WHAT NEEDS TO BE DONE:
Transcribe the data below verbatim from the line with "send_media : (call_id" to the line with "pub ice_restart_timer : Option ℕ". Include both of those lines.

Items from a dataset:
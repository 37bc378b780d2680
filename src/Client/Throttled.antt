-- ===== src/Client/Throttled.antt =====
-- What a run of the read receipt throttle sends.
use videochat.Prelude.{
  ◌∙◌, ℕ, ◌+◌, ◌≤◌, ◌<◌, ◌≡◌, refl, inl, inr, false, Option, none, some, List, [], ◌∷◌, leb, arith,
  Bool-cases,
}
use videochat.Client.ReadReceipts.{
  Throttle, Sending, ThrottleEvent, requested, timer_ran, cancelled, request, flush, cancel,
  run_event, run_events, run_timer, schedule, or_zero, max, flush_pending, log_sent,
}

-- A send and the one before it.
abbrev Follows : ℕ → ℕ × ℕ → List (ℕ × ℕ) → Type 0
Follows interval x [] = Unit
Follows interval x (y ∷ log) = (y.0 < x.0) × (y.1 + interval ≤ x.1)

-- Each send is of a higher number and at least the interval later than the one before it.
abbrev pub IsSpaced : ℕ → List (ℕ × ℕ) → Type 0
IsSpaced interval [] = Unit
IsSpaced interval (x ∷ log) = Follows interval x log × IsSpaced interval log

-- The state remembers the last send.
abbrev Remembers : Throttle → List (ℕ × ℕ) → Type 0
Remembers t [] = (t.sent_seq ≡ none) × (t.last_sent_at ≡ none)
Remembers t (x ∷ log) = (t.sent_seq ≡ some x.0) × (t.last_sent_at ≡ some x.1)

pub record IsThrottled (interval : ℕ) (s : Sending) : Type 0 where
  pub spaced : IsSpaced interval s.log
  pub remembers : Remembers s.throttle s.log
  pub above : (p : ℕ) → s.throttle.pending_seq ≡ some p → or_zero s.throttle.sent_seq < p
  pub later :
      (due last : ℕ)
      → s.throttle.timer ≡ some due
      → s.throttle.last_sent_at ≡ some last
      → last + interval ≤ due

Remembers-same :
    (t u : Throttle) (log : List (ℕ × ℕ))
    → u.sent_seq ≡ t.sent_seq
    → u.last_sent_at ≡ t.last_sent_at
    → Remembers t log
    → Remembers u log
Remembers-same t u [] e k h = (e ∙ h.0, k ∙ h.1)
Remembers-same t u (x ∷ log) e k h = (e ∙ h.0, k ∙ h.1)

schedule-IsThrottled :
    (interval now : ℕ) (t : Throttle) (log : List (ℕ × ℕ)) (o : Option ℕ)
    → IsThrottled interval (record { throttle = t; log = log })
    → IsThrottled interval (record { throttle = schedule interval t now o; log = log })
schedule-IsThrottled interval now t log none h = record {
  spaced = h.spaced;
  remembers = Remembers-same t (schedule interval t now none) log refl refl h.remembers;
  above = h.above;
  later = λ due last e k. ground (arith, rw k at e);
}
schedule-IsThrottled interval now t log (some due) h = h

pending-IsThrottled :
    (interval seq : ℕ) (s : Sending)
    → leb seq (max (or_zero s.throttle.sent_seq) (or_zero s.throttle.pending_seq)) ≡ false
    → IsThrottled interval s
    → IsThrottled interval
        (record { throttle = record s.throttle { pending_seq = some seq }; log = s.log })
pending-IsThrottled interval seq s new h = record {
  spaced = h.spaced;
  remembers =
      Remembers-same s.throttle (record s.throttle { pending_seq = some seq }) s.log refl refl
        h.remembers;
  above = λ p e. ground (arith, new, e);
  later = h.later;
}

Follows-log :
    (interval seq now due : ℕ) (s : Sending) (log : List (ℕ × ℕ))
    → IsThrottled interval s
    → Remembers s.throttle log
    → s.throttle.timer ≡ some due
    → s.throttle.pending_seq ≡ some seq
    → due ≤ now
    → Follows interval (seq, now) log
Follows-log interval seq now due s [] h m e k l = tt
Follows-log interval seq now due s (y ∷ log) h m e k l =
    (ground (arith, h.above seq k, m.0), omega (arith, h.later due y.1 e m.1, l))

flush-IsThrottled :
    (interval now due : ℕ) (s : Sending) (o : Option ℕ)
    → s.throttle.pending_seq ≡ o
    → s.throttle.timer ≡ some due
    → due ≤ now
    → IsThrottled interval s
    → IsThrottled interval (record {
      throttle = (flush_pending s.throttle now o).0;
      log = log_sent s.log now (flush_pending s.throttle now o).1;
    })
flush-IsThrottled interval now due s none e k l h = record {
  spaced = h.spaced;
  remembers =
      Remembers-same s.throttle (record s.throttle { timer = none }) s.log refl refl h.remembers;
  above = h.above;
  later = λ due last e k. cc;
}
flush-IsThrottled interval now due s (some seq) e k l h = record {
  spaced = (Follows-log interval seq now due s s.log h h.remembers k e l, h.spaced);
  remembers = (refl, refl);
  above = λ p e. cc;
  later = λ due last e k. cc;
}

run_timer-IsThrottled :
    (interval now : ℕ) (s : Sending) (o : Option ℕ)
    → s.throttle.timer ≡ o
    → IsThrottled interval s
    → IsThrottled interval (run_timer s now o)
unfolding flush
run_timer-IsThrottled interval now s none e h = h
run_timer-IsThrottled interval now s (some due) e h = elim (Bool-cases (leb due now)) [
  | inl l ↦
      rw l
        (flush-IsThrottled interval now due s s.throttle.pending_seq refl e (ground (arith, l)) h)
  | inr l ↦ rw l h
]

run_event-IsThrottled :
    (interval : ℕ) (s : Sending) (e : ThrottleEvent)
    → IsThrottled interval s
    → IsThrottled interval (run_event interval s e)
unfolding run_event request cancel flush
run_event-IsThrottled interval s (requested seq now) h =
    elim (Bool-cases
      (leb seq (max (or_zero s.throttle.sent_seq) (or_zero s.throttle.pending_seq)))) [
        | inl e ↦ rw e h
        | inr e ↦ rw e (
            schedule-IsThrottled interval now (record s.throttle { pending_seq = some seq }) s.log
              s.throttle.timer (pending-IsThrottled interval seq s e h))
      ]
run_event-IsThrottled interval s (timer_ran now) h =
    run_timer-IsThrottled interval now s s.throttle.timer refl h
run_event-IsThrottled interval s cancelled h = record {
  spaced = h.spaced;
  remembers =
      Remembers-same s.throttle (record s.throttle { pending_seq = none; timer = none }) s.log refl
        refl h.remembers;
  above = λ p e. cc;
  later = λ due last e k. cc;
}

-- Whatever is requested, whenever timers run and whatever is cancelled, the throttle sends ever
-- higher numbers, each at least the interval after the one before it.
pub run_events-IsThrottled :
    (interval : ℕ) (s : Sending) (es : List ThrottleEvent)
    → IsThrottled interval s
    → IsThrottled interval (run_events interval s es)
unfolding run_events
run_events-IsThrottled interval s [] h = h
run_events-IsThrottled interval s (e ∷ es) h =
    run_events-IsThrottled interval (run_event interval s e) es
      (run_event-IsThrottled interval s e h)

* * *

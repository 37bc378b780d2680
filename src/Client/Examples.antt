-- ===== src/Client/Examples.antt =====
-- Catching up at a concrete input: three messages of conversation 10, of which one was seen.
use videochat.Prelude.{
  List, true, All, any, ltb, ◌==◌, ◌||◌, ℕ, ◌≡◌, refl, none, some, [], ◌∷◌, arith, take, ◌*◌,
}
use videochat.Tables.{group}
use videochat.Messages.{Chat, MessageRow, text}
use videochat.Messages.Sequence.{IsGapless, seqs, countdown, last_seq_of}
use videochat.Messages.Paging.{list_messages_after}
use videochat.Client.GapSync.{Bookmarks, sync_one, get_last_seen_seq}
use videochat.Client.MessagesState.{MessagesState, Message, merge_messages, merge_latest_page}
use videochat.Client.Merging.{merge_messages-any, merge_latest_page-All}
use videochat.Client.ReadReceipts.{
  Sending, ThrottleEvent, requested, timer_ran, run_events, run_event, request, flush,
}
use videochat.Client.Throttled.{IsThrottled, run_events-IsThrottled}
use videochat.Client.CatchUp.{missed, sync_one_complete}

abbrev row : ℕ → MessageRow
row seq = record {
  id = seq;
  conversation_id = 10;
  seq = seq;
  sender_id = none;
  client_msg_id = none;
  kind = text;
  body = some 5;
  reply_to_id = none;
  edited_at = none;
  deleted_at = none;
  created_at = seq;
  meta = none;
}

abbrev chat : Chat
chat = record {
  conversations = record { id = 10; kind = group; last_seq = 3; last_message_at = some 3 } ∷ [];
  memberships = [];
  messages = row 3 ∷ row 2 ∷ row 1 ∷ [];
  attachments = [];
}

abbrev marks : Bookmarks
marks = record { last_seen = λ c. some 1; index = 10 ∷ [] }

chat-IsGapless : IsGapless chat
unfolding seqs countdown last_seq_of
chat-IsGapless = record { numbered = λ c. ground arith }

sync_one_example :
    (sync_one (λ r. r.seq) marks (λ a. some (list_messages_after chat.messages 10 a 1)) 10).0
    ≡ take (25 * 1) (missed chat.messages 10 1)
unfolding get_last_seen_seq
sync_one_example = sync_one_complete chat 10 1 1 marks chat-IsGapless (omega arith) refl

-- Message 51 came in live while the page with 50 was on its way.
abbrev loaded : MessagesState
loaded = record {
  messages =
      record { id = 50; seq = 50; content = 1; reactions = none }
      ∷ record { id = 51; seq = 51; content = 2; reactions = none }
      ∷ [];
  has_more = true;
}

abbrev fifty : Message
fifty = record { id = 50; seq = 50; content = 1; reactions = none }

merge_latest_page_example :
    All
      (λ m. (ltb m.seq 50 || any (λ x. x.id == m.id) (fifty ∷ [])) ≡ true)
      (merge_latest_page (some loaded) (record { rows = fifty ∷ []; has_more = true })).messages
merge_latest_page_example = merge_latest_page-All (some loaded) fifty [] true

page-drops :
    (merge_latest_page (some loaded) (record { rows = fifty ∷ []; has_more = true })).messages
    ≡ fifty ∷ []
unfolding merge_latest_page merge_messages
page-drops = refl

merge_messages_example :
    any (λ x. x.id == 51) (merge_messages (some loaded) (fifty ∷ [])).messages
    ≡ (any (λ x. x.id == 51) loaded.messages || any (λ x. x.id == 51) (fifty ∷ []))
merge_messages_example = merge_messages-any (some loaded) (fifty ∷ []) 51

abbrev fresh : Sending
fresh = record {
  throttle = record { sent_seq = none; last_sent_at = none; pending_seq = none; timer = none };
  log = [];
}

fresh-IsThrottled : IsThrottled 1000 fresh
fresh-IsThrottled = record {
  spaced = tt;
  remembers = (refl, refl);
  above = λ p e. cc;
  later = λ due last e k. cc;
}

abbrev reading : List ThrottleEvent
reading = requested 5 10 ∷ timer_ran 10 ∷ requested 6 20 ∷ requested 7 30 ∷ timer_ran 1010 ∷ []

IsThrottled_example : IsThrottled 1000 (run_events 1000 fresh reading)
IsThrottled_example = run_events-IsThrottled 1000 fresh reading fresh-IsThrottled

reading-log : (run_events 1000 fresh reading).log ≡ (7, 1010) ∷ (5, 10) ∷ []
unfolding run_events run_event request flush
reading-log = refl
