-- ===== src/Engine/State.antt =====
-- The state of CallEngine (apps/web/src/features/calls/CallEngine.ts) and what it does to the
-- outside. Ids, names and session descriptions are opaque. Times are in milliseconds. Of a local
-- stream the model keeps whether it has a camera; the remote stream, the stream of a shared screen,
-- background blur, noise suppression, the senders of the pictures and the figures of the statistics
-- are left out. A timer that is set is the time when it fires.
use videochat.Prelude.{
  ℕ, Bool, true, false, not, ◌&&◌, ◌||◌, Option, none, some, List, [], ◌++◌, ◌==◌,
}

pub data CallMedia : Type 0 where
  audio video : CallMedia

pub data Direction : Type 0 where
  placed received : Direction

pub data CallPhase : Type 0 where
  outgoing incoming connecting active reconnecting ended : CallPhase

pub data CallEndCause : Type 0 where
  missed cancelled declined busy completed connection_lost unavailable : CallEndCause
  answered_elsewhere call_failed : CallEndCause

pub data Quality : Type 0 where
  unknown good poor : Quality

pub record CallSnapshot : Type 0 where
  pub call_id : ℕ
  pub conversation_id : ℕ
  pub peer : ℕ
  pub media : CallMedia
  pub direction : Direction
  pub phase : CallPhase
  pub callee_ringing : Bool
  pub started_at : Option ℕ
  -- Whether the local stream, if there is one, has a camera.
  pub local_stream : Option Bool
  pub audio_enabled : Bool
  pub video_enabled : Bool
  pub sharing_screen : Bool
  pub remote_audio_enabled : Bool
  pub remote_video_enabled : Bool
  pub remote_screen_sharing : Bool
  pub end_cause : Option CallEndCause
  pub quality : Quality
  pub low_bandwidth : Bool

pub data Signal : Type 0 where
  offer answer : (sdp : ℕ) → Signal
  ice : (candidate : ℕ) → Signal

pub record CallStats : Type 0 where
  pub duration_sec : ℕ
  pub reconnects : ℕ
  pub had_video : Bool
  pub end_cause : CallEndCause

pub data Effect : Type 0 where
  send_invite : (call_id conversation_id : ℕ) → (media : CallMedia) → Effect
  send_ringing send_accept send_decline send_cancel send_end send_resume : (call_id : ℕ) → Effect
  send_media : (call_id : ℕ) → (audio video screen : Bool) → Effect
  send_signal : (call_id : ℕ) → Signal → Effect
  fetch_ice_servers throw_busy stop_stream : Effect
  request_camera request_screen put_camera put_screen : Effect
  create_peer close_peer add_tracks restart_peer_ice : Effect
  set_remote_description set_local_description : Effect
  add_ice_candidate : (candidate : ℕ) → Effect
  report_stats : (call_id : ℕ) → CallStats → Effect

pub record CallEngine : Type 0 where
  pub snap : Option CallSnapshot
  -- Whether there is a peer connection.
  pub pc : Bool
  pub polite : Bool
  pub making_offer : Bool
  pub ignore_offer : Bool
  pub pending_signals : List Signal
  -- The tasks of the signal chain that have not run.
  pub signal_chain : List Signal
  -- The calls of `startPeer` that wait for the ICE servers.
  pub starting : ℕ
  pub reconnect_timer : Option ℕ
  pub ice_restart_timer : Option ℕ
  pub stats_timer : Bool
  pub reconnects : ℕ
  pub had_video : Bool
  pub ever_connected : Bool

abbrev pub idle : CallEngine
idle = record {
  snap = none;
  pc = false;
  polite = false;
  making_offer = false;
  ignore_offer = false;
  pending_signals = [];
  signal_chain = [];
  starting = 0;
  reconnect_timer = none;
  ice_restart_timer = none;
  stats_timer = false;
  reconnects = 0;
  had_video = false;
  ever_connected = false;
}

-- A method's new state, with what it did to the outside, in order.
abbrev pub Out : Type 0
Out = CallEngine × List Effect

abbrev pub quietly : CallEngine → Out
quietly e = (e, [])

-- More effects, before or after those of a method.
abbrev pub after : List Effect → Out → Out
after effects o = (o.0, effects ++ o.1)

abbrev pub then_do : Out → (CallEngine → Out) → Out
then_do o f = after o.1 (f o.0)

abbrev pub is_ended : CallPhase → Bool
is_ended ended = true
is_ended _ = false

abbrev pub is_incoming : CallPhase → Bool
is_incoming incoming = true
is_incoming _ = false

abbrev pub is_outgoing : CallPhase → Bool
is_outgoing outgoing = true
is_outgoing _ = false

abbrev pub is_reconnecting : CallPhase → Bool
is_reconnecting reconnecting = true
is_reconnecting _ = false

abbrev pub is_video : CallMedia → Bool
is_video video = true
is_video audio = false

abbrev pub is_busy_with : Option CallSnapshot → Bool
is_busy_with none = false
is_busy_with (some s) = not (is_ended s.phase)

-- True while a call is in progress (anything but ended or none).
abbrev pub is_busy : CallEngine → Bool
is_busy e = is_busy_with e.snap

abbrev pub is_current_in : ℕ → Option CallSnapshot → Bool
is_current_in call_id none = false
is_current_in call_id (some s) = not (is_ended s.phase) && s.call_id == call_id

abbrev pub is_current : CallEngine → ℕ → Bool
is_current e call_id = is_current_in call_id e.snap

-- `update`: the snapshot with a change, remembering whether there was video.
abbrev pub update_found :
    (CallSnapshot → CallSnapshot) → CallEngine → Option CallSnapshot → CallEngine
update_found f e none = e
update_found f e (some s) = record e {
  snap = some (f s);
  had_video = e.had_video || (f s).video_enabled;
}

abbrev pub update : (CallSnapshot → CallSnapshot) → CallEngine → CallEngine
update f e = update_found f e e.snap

* * *

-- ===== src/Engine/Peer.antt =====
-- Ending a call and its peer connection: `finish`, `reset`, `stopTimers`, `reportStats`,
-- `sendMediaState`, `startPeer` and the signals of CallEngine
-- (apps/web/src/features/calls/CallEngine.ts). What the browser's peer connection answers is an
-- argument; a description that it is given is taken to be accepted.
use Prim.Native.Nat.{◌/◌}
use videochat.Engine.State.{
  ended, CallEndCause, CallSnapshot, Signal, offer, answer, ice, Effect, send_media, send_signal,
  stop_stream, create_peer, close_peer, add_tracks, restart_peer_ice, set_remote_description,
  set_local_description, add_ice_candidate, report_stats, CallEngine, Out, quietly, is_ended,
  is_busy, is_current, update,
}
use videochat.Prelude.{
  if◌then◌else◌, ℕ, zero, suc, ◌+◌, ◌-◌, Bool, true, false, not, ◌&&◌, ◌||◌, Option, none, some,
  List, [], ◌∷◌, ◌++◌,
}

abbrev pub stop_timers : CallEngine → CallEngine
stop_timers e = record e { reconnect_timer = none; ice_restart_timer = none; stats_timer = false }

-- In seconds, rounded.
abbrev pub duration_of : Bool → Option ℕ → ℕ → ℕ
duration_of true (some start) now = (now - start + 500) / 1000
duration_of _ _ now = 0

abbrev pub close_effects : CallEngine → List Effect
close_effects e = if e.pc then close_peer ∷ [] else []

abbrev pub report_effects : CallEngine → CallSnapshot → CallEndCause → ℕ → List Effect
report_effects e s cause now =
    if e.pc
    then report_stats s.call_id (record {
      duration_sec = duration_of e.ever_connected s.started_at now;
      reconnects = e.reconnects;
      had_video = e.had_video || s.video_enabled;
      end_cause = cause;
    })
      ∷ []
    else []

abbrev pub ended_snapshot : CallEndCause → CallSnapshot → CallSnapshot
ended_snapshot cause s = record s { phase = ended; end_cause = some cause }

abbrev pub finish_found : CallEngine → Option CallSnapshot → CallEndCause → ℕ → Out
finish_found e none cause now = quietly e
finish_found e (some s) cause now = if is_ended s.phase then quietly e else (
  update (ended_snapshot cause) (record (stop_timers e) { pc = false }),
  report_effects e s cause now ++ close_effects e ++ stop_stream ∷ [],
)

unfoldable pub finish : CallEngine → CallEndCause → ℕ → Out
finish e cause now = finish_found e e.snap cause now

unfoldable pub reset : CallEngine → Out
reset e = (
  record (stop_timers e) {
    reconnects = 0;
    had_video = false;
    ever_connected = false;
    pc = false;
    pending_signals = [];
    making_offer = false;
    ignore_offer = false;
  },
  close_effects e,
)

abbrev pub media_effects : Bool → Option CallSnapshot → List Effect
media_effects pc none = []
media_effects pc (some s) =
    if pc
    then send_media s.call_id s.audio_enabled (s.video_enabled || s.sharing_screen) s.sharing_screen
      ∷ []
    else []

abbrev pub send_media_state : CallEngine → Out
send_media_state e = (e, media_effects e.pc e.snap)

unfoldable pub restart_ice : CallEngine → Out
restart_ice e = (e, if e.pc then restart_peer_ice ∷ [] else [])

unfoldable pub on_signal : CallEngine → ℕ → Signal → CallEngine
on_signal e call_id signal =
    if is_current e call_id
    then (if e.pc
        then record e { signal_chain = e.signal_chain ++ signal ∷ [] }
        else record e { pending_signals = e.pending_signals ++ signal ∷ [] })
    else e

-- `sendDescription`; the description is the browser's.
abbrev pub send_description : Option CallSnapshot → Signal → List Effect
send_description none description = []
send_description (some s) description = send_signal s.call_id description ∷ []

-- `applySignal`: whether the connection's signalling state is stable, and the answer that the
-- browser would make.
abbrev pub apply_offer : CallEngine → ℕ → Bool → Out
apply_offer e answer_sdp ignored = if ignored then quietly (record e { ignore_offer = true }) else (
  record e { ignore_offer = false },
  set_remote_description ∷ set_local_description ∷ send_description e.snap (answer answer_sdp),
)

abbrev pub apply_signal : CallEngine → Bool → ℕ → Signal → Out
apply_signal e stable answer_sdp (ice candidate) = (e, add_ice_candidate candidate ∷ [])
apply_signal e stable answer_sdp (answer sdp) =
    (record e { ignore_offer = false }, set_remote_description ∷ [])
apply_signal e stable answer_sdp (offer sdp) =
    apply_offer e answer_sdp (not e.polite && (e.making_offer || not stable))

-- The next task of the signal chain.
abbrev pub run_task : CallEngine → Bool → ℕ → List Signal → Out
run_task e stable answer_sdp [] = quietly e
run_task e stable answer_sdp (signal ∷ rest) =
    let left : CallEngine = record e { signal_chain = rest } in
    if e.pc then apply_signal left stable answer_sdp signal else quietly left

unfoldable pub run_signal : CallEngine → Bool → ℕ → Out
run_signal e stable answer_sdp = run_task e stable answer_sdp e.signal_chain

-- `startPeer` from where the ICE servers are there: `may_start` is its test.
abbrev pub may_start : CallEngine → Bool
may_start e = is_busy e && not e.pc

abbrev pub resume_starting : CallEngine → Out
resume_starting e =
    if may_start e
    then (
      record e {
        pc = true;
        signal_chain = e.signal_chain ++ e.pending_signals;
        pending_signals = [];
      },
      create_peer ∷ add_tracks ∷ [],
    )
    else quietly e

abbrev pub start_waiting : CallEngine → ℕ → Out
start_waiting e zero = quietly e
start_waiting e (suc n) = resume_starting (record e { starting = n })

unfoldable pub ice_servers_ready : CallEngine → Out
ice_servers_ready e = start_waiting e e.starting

TASK OUTPUT:
  send_media : (call_id : ℕ) → (audio video screen : Bool) → Effect
  send_signal : (call_id : ℕ) → Signal → Effect
  fetch_ice_servers throw_busy stop_stream : Effect
  request_camera request_screen put_camera put_screen : Effect
  create_peer close_peer add_tracks restart_peer_ice : Effect
  set_remote_description set_local_description : Effect
  add_ice_candidate : (candidate : ℕ) → Effect
  report_stats : (call_id : ℕ) → CallStats → Effect

pub record CallEngine : Type 0 where
  pub snap : Option CallSnapshot
  -- Whether there is a peer connection.
  pub pc : Bool
  pub polite : Bool
  pub making_offer : Bool
  pub ignore_offer : Bool
  pub pending_signals : List Signal
  -- The tasks of the signal chain that have not run.
  pub signal_chain : List Signal
  -- The calls of `startPeer` that wait for the ICE servers.
  pub starting : ℕ
  pub reconnect_timer : Option ℕ
  pub ice_restart_timer : Option ℕ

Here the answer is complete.